** Opening Records shown block **

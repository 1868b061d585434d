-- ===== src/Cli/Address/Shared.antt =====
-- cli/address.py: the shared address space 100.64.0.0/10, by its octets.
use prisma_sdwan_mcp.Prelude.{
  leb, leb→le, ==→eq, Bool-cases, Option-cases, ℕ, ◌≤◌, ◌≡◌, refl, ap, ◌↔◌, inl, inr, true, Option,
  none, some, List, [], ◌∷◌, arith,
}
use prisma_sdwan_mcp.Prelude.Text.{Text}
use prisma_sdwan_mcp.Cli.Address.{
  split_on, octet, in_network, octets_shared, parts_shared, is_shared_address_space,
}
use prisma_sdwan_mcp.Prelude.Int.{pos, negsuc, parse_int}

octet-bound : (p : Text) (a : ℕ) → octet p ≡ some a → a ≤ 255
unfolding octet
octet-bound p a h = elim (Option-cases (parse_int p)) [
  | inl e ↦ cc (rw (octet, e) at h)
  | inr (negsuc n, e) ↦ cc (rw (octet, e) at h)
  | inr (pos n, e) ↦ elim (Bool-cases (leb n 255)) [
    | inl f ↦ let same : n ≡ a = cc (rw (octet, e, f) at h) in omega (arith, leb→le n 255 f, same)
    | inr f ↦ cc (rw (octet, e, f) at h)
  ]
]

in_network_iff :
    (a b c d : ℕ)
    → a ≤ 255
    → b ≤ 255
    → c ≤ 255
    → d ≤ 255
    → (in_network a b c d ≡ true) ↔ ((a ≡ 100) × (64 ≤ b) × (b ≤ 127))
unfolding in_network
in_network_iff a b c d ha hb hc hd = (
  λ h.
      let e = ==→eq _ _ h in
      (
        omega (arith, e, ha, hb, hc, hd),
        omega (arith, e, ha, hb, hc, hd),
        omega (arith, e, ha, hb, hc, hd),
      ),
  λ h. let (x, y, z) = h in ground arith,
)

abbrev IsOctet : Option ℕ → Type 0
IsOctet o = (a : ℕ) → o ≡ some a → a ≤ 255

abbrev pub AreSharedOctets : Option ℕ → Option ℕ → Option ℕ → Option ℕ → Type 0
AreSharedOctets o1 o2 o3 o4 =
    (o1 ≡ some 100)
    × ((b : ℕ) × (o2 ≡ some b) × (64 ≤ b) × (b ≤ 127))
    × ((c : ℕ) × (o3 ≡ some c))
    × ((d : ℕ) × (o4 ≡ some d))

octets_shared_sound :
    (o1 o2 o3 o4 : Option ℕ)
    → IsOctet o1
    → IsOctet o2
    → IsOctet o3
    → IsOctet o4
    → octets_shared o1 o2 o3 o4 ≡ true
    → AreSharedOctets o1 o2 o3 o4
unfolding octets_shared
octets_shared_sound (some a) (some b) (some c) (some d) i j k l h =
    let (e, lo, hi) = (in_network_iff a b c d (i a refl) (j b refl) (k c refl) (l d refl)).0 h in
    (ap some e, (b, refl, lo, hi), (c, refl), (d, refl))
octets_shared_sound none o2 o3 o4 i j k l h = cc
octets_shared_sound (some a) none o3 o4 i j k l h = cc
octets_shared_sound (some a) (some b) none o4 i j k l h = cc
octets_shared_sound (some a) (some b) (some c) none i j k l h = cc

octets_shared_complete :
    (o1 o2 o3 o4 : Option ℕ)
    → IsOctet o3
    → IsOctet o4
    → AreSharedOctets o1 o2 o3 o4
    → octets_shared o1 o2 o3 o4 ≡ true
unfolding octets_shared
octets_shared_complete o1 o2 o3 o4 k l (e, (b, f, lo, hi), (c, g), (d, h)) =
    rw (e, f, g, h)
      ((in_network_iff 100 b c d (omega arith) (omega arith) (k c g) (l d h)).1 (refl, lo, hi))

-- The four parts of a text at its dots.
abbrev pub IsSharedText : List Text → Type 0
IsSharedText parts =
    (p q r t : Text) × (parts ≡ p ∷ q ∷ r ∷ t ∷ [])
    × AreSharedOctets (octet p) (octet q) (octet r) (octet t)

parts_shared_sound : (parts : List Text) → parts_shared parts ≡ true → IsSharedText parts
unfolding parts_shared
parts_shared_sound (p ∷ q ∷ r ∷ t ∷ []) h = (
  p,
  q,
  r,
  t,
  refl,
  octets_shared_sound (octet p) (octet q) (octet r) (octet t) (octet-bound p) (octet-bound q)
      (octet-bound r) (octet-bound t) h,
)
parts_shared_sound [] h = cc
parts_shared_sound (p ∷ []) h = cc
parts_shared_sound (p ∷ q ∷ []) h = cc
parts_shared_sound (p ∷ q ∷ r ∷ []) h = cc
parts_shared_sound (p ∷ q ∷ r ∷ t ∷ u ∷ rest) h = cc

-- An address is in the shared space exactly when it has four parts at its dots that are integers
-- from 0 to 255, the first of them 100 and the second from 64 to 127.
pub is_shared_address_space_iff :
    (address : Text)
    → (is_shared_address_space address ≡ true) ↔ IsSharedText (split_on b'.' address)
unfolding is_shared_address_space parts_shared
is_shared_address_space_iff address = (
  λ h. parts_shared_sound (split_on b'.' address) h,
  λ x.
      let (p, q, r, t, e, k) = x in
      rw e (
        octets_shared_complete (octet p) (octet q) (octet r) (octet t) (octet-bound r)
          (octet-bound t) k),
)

** Closing Records shown block **

● Task description
If a line in the data contains the string "four", count it, then give the total and nothing else.

● Task answer
2